14 Summary and perspective

This review provides a thorough summary of decades of history and current trends in the catalysis of CO2 reduction to aid in the study and advancement of CO2 thermo-electroreduction. Thermo- or electrocatalysis can offer an appealing and sustainable solution to the challenge of combating climate change associated with CO2 emissions by converting it to various chemicals and fuels. Although slow kinetics or thermal equilibrium can restrict certain reactions, the thermocatalytic method can easily be applied at a larger scale to achieve industrially significant results. In comparison, the electrocatalytic method of CO2 reduction is far less developed but has certain benefits, including low temperature and pressure, the use of water as a hydrogen source.
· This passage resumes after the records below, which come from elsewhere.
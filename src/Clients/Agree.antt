-- ===== src/Clients/Agree.antt =====
-- The calls of two processes for a network of one name.
use vmnet_broker.Base.{
  ℕ, ◌+◌, ◌<◌, ◌≡◌, refl, sym, ap, subst, ◌∙◌, inl, inr, Option, some, ◌∷◌, ℤ, pos, CString, lookup,
  insert, lookup-insert, count, arith,
}
use vmnet_broker.Status.{code, success}
use vmnet_broker.Machine.{Ptr, Network, Reply, network, Context, State, ok, CoreFoundation}
use vmnet_broker.Machine.Returns.{Returns, returns}
use vmnet_broker.Network.Ownership.{owned}
use vmnet_broker.Broker.{Env, on_peer_request}
use vmnet_broker.Broker.Sharing.{IsAnsweredWith}
use vmnet_broker.Broker.Requests.{IsServable}
use vmnet_broker.Client.{
  Client, retain, vmnet_broker_acquire_network, read_reply, reply_object, message, deliver,
}
use vmnet_broker.Client.Outcome.{Received, read_shared, vmnet_broker_acquire_network-IsResult}
use vmnet_broker.System.{Peers}
use vmnet_broker.System.Safety.{Reach}
use vmnet_broker.System.Later.{idle_timeout, Later, Reach-Later}
use vmnet_broker.System.Holding.{KeepsOpen, held-StillHolds}
use vmnet_broker.System.Together.{latecomer_shares}
use vmnet_broker.Clients.{call, returned}
use vmnet_broker.Clients.Calls.{acquire-read, call_done, call-Done, Done-Reach}

-- A network of that name with that serialization, which the context holds.
abbrev pub Holds : CString → Context → State → ℕ → Type 0
Holds name ctx s x =
    (p : Ptr) × (n : Network) × (s.heap p ≡ some n)
    × (n.name ≡ some name)
    × (n.serialization ≡ some x)
    × (0 < count p (owned ctx))

pub Holds-of_Received :
    (name : CString) (ctx ctx' : Context) (s' : State) (x : ℕ) (z : ℤ) (r : Option ℕ × ℤ)
    → r ≡ (some x, z)
    → Received name ctx ctx' s' r
    → Holds name ctx' s' x
Holds-of_Received name ctx ctx' s' x z r is (inl (y, e, (p, n, at, named, serialized, mine, _))) =
    (p, n, at, named, ground (arith, serialized, e, is), mine)
Holds-of_Received name ctx ctx' s' x z r is (inr (_, _, _, e)) = cc (is, e)

-- The call returned the network, with success, and the library retained it for its caller.
abbrev pub IsGiven : ℕ → Client → Option ((Option ℕ × ℤ) × Client) → Type 0
IsGiven x client got =
    (client' : Client) × (got ≡ some ((some x, pos (code success)), client'))
    × (client'.retained ≡ x ∷ client.retained)

pub IsGiven-returned :
    (mach_service : ℕ) (name : CString) (client : Client) (x : ℕ) (r : Reply)
    → r ≡ network x
    → IsGiven x client (returned mach_service name client (some r))
IsGiven-returned mach_service name client x r is_x =
    let e =
      acquire-read mach_service r name client
      ∙ ap (λ y. read_reply (reply_object y)) is_x
      ∙ read_shared x in
    let kept =
      vmnet_broker_acquire_network-IsResult mach_service (λ _ _. reply_object r) name client in
    (
      (vmnet_broker_acquire_network mach_service (λ _ _. reply_object r) name client).1,
      ap
          (λ y.
            some (
              y,
              (vmnet_broker_acquire_network mach_service (λ _ _. reply_object r) name client).1,
            ))
          e,
      kept.1 ∙ ap (λ y. retain y.0 client.retained) e,
    )

module _ {cf : CoreFoundation} {peers : Peers} {s : State} (reach : Reach cf peers s) (env : Env)
    (c mach_service : ℕ) (name : CString) (client : Client) (ctx : Context)
    (found : lookup c peers ≡ some ctx)
    (can : IsServable cf env.outcomes (deliver (message name)) s) where
  -- The answer is that network.
  given :
      (x : ℕ)
      → Returns
          (λ ctx' s'. IsAnsweredWith (deliver (message name)) ctx x s s')
          (on_peer_request cf env.outcomes ctx (deliver (message name)) s)
      → Returns
          (λ (got, peers') s'. IsGiven x client got)
          (call cf env c mach_service name client peers s)
  given x shares =
      let d = call-Done reach env c mach_service name client ctx found can shares in
      let is_x : d.reply ≡ network x = ground (arith, d.replied, d.also) in
      rw d.came (
        returns {a = (returned mach_service name client (some d.reply), insert c d.context peers)}
          {s = d.state} (IsGiven-returned mach_service name client x d.reply is_x))

  -- A call that returned a network leaves the connection with it.
  got_held :
      (x : ℕ) (z : ℤ) (client' : Client) (peers' : Peers) (s' : State)
      → call cf env c mach_service name client peers s ≡ ok (some ((some x, z), client'), peers') s'
      → Reach cf peers' s' × (ctx' : Context) × (lookup c peers' ≡ some ctx') × Holds name ctx' s' x
  got_held x z client' peers' s' ran =
      let d = call_done reach env c mach_service name client ctx found can in
      let same = sym d.came ∙ ran in
      let left : insert c d.context peers ≡ peers' = cc same in
      let after : d.state ≡ s' = cc same in
      let got : read_reply (reply_object d.reply) ≡ (some x, z) =
        cc (same, acquire-read mach_service d.reply name client) in
      subst
        (λ t.
          Reach cf peers' t
          × (ctx' : Context) × (lookup c peers' ≡ some ctx')
          × Holds name ctx' t x)
        after
        (subst
          (λ l.
            Reach cf l d.state
            × (ctx' : Context) × (lookup c l ≡ some ctx')
            × Holds name ctx' d.state x)
          left
          (
            Done-Reach reach env c mach_service name client ctx found can d,
            d.context,
            ground (arith, lookup-insert c c d.context peers),
            Holds-of_Received name ctx d.context d.state x z _ got d.received,
          ))

-- If a process's call of the library returned a network, with the broker in a state that it
-- comes to, then as long as the connection of the process stays open, and after that while less
-- than the idle timeout has passed, the call of any process for that name returns the same
-- network, with success, and the library retains it, whatever happened in between and whatever
-- the external calls would return. Both calls are made over open connections, and their
-- requests can be served.
pub clients_agree :
    {cf : CoreFoundation} {peers peers₁ peers₂ peers₃ : Peers} {s s₁ s₂ s₃ : State}
    (reach : Reach cf peers s) (env env' : Env) (name : CString) (c mach_service : ℕ)
    (client client₁ : Client) (ctx : Context) (x : ℕ) (z : ℤ)
    → lookup c peers ≡ some ctx
    → IsServable cf env.outcomes (deliver (message name)) s
    → call cf env c mach_service name client peers s ≡ ok (some ((some x, z), client₁), peers₁) s₁
    → (l : Later cf peers₁ s₁ peers₂ s₂) → KeepsOpen c l
    → Later cf peers₂ s₂ peers₃ s₃
    → s₃.now < s₂.now + idle_timeout
    → (d mach_service' : ℕ) (client₂ : Client) (ctx' : Context) → lookup d peers₃ ≡ some ctx'
    → IsServable cf env'.outcomes (deliver (message name)) s₃
    → Returns
        (λ (got, peers₄) s₄. IsGiven x client₂ got)
        (call cf env' d mach_service' name client₂ peers₃ s₃)
clients_agree reach env env' name c mach_service client client₁ ctx x z found can ran l kept l' soon
      d mach_service' client₂ ctx' found' can' =
    let (reach₁, holder, held, (p, n, at, named, serialized, mine)) =
      got_held reach env c mach_service name client ctx found can x z client₁ _ _ ran in
    let reach₂ = Reach-Later reach₁ l in
    let (holder', held', mine', (m, at', name', _, x')) =
      held-StillHolds reach₁ c holder p n held mine at l kept in
    given (Reach-Later reach₂ l') env' d mach_service' name client₂ ctx' found' can' x (
      latecomer_shares reach₂ c holder' p m x name held' mine' at' (name' ∙ named) (x' ∙ serialized)
        l' soon env'.outcomes d ctx' (deliver (message name)) found' (refl, refl) can')
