-- ===== src/System/Grant.antt =====
-- The broker serves its peers.
use vmnet_broker.Base.{ℕ, ◌≡◌, subst, true, some, lookup, erase, CString, arith}
use vmnet_broker.Machine.{Context, State, CoreFoundation, Outcomes}
use vmnet_broker.Machine.Returns.{Returns}
use vmnet_broker.Config.Builtin.{IsBuiltin}
use vmnet_broker.Network.{can_add_network_to_peer}
use vmnet_broker.Network.Contract.{Consistent, Settled}
use vmnet_broker.Network.Grant.{IsAvailable}
use vmnet_broker.Xpc.{Request}
use vmnet_broker.Broker.{on_peer_request}
use vmnet_broker.Broker.Requests.{IsAcquire, IsServable}
use vmnet_broker.Broker.Grant.{IsAnsweredWithNetwork, on_peer_request-grants}
use vmnet_broker.System.{Peers}
use vmnet_broker.System.Peers.{total, total-owners}
use vmnet_broker.System.Safety.{Reach, Reach-SystemInv, network_count-bound}

-- In every state that the broker comes to, a request of an open connection to acquire a builtin
-- network is answered with a network, if the request can be served and the external calls of
-- the request succeed. The answer is sent if the event has a return address.
pub connected_peer_is_granted :
    {cf : CoreFoundation} {peers : Peers} {s : State} (out : Outcomes) (c : ℕ) (ctx : Context)
    (event : Request) (name : CString)
    → Reach cf peers s
    → lookup c peers ≡ some ctx
    → IsAcquire event name
    → IsBuiltin name
    → IsServable cf out event s
    → IsAvailable out name
    → Returns (λ ctx' s'. IsAnsweredWithNetwork event ctx s s') (on_peer_request cf out ctx event s)
connected_peer_is_granted {cf} {peers} {s} out c ctx event name reach found asked b can a =
    let inv = Reach-SystemInv reach in
    let (v, _) = inv.contexts c ctx found in
    let few = network_count-bound reach c ctx found in
    let room : can_add_network_to_peer ctx ≡ true = ground (arith, few) in
    let e = total-owners c ctx peers inv.unique found in
    on_peer_request-grants cf (total (erase c peers)) out ctx event name s v room
      (subst (λ own. Consistent cf own s) e inv.consistent) (subst (Settled s.heap) e inv.settled)
      asked b can a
A thorough study has been conducted on catalysts, impact of reactor setup, and other applied conditions for CO2 thermo-electroreduction. The generation of various products by CO2 reduction has often seen thermocatalytic methods advance more than electrocatalytic methods. Although many developed catalysts have been utilized to accelerate the production of various products and achieve high selectivity, it is difficult to meet the demands of commercial applications due to high over potential, low current density, low stability in electrocatalysis, modifications in the crystalline structure during reaction, sintering, coking, poisoning, oxidation and low-stability in thermocatalysis. Various catalysts explored and reported in the thermocatalytic and electrocatalytic CO2 conversion studies are summarized. To make it easier for readers to get the information they need for the catalyst synthesis, the most commonly used catalyst synthesis methods from both the studies have been summarized and presented in schematic forms. Furthermore, we presented the reaction conditions, selectivity, products and reactors employed together with the results of several catalysts for thermo- and electrocatalytic CO2 reduction in tables. In both studies, a summary of the various catalyst deactivation causes and methods to mitigate the deactivation along with studies on integrating the two approaches for efficient CO2 conversion are also provided.